One sure way to live dangerously is to become a practical joker. Should you have any doubts about it you might ask Professor Dane.

You didn't have to be a potential Einstein to take Professor Dane's course. For one thing you got a few easy credits and for another you were entertained without letup by Professor Lyman Dane's celebrated wit.

Take the time he was illustrating terminal velocity. He jumped out of the open third story window, horrifying the class, until they learned he'd rigged a canvas life net on the floor below. Or the time he let a mouse loose among the female students to illustrate chain reaction. Or the afternoon he played boogie woogie on the Huyler Memorial Carillon.

"The absorption of knowledge," he used to say, "increases in direct proportion to the sense of humor the belly laugh, measured in decibels, being constant."

He could say a thing like that and make it sound funnier than anybody else could. It was partly the way he looked tall and mournful and sly, with wispy hair that had once been blond, drooping like a tired willow over his forehead.

But for all his vaudeville tactics he was by no means a second rate scientist. Which was why he had gained his position at Southwestern Tech in the first place. He refused to work directly for the government (no sense of humor, just initials, he said) but this way he could at least be called upon for consultation at the nearby Air Force Development Center, just at the foot of the mountains to the west.

Now the AFDC, as it was called, didn't advertise what sort of thing it was developing but everybody knew that Lyman Dane was an expert on reactive propulsion of rocket motors.
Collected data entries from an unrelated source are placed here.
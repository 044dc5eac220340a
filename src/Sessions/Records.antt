-- ===== src/Sessions/Records.antt =====
-- The check of a session record, `ensure_session_record` and the navigation cache.
use playbook_harness.Base.{
  Bool, true, false, not, ◌&&◌, Option, none, some, List, [], ◌∷◌, if◌then◌else◌, Result, ok, err,
  ◌>>=◌, is_empty, ◌++◌,
}
use playbook_harness.Text.{Text, codes, text_eq}
use playbook_harness.Identity.{SessionKey, key_eq}
use playbook_harness.Lanes.{LaneError, bad_record, record_disagrees, planted_files, record_changed}
use playbook_harness.Lanes.Validate.{Check, require, validate_body_id, session_key}
use playbook_harness.Sessions.{
  RecordState, running, stopped, destroyed, Workspace, SessionRecord, SessionEntry, Entries,
}
use playbook_harness.Sessions.Directory.{lookup, write}

-- `directory_name`
abbrev pub directory_name : SessionKey → Text
directory_name key = key.provider ++ b'-' ∷ key.session_id

abbrev pub validate_body : Option Text → Check
validate_body none = ok tt
validate_body (some b) = validate_body_id b

-- `_validate_record`, with the identity that the record has.
unfoldable pub read_record : SessionRecord → Result LaneError SessionKey
read_record r = do
  actual ← session_key r.provider (some r.session_id)
  a ← require (not (is_empty r.created_at)) bad_record
  b ← validate_body r.body_id
  ok actual

-- `_validate_record` with the expected identity.
unfoldable pub validate_record : SessionRecord → SessionKey → Check
validate_record r expected = do
  actual ← session_key r.provider (some r.session_id)
  a ← require (key_eq actual expected) record_disagrees
  b ← require (not (is_empty r.created_at)) bad_record
  validate_body r.body_id

-- `_OPTIONAL_FIELDS`, each with a value.
pub data Field : Type 0 where
  name project resume_cwd tmux_session tmux_pane body_id : Option Text → Field
  last_started_at stopped_at lost_at destroyed_at : Option Text → Field
  managed sandbox : Bool → Field
  state : RecordState → Field
  workspace : Workspace → Field

abbrev pub set_field : Field → SessionRecord → SessionRecord
set_field (name v) r = record r { name = v }
set_field (project v) r = record r { project = v }
set_field (resume_cwd v) r = record r { resume_cwd = v }
set_field (tmux_session v) r = record r { tmux_session = v }
set_field (tmux_pane v) r = record r { tmux_pane = v }
set_field (body_id v) r = record r { body_id = v }
set_field (last_started_at v) r = record r { last_started_at = v }
set_field (stopped_at v) r = record r { stopped_at = v }
set_field (lost_at v) r = record r { lost_at = v }
set_field (destroyed_at v) r = record r { destroyed_at = v }
set_field (managed v) r = record r { managed = some v }
set_field (sandbox v) r = record r { sandbox = some v }
set_field (state v) r = record r { state = some v }
set_field (workspace v) r = record r { workspace = some v }

-- `{**current, **updates}`
abbrev pub merge : List Field → SessionRecord → SessionRecord
merge [] r = r
merge (f ∷ fs) r = merge fs (set_field f r)

abbrev pub same_option : Option Text → Option Text → Bool
same_option none none = true
same_option (some a) (some b) = text_eq a b
same_option _ _ = false

abbrev pub same_flag : Option Bool → Bool → Bool
same_flag none v = false
same_flag (some true) v = v
same_flag (some false) v = not v

abbrev pub same_state : Option RecordState → RecordState → Bool
same_state (some running) running = true
same_state (some stopped) stopped = true
same_state (some destroyed) destroyed = true
same_state _ _ = false

abbrev pub same_workspace : Option Workspace → Workspace → Bool
same_workspace none v = false
same_workspace (some w) v = text_eq w.mode v.mode && text_eq w.path v.path

-- `current.get(field) == expected_value`
abbrev pub has_field : SessionRecord → Field → Bool
has_field r (name v) = same_option r.name v
has_field r (project v) = same_option r.project v
has_field r (resume_cwd v) = same_option r.resume_cwd v
has_field r (tmux_session v) = same_option r.tmux_session v
has_field r (tmux_pane v) = same_option r.tmux_pane v
has_field r (body_id v) = same_option r.body_id v
has_field r (last_started_at v) = same_option r.last_started_at v
has_field r (stopped_at v) = same_option r.stopped_at v
has_field r (lost_at v) = same_option r.lost_at v
has_field r (destroyed_at v) = same_option r.destroyed_at v
has_field r (managed v) = same_flag r.managed v
has_field r (sandbox v) = same_flag r.sandbox v
has_field r (state v) = same_state r.state v
has_field r (workspace v) = same_workspace r.workspace v

unfoldable pub has_fields : List Field → SessionRecord → Bool
has_fields [] r = true
has_fields (f ∷ fs) r = has_field r f && has_fields fs r

abbrev pub blank_record : SessionKey → Text → SessionRecord
blank_record key created = record {
  provider = key.provider;
  session_id = key.session_id;
  created_at = created;
  name = none;
  managed = none;
  state = none;
  project = none;
  workspace = none;
  resume_cwd = none;
  tmux_session = none;
  tmux_pane = none;
  last_started_at = none;
  stopped_at = none;
  lost_at = none;
  destroyed_at = none;
  body_id = none;
  sandbox = none;
}

abbrev pub empty_entry : SessionEntry
empty_entry = record { session_record = none; current_state = none; other_files = [] }

abbrev pub entry_or_empty : Option SessionEntry → SessionEntry
entry_or_empty none = empty_entry
entry_or_empty (some e) = e

-- The directory of a session, which is made where there is none.
abbrev pub entry_of : SessionKey → Entries → SessionEntry
entry_of key entries = entry_or_empty (lookup (directory_name key) entries)

abbrev is_none {ℓ} : {A : Type ℓ} → Option A → Bool
is_none none = true
is_none (some a) = false

-- The record that is updated: the present one, or a new one in a directory without files.
abbrev pub current_record :
    SessionKey → Text → SessionEntry → Option SessionRecord → Result LaneError SessionRecord
current_record key now e (some r) = do valid ← validate_record r key; ok r
current_record key now e none =
    if is_empty e.other_files && is_none e.current_state
    then ok (blank_record key now)
    else err planted_files

unfoldable pub enriched :
    SessionKey → List Field → List Field → Text → SessionEntry → Result LaneError SessionRecord
enriched key updates expected now e = do
  current ← current_record key now e e.session_record
  unchanged ← require (has_fields expected current) record_changed
  valid ← validate_record (merge updates current) key
  ok (merge updates current)

abbrev pub opened_by : Text → Entries → Option SessionEntry → Entries
opened_by folder entries none = write folder empty_entry entries
opened_by folder entries (some e) = entries

-- `session_directory(agent_dir, key, create=True)`: the directory is there, or made without files.
abbrev pub opened : SessionKey → Entries → Entries
opened key entries = opened_by (directory_name key) entries (lookup (directory_name key) entries)

-- What is left behind the making of the directory; to write the record in it is one step with that.
abbrev pub put_record :
    SessionKey → Entries → Result LaneError SessionRecord → Result LaneError SessionRecord × Entries
put_record key entries (err e) = (err e, opened key entries)
put_record key entries (ok r) = (
  ok r,
  write (directory_name key) (record (entry_of key entries) { session_record = some r }) entries,
)

-- The updates are validated on a record of their own before a directory is made.
abbrev pub probed :
    SessionKey
    → List Field
    → List Field
    → Text
    → Entries
    → Check
    → Result LaneError SessionRecord × Entries
probed key updates expected now entries (err e) = (err e, entries)
probed key updates expected now entries (ok u) =
    put_record key entries (enriched key updates expected now (entry_of key entries))

-- `ensure_session_record` behind its call of `bind_managed_launch`. A candidate that is the present
-- record is written again here, which leaves the same files.
unfoldable pub ensure_record :
    SessionKey → List Field → List Field → Text → Entries → Result LaneError SessionRecord × Entries
ensure_record key updates expected now entries =
    probed key updates expected now entries
      (validate_record (merge updates (blank_record key (codes "validation-probe"))) key)

abbrev pub is_entry_of : Text → Result LaneError SessionKey → Bool
is_entry_of entry_name (err e) = false
is_entry_of entry_name (ok key) = text_eq entry_name (directory_name key)

abbrev pub listed : Text → SessionEntry → Option SessionRecord → Option SessionRecord
listed entry_name e none = none
listed entry_name e (some r) = if is_entry_of entry_name (read_record r) then some r else none

abbrev pub cons_some {ℓ} : {A : Type ℓ} → Option A → List A → List A
cons_some none xs = xs
cons_some (some x) xs = x ∷ xs

-- `iter_session_directories`: the records that can be read and stand under their name.
unfoldable pub session_records : Entries → List SessionRecord
session_records [] = []
session_records ((k, e) ∷ entries) =
    cons_some (listed k e e.session_record) (session_records entries)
He could tell you and frequently would without being asked exactly what mass ratio, nozzle diameter and propulsive velocity would be needed for the first trip to the Moon. He knew how many hours a round trip would take, both for landing there or merely circling the body of the satellite.

He had the courses to Mars and Venus thoroughly charted but considered a trip to Jupiter somewhat impractical. So, what with Dane's presence and the mysterious white streaks that so often shot up into the sky like fuzzy yarn from the AFDC base, it wasn't hard to guess what was going on.

Nevertheless Professor Dane was surprised and somewhat offended when the young man from the Federal Bureau of Investigation came to call on him one afternoon. And the worst part of it was that the young man didn't have much sense of humor.

"As you know, sir," the young man said, "we've been sighting and tracking these unidentified objects in the sky. You must have read about those they chased near Atlanta yesterday."

"Ah," said Professor Dane. "Martian through Georgia, no doubt."

The young man stared at him blankly. He seemed to Professor Dane one of the most nondescript young men his eyes had ever beheld. He had a clean shaven, pleasant face without exactly being handsome and his eyes were sincere and mild. He wore a neat gray tropical worsted suit and an unobtrusive tie. He was about thirty. Professor Dane supposed that all this was an advantage in his profession.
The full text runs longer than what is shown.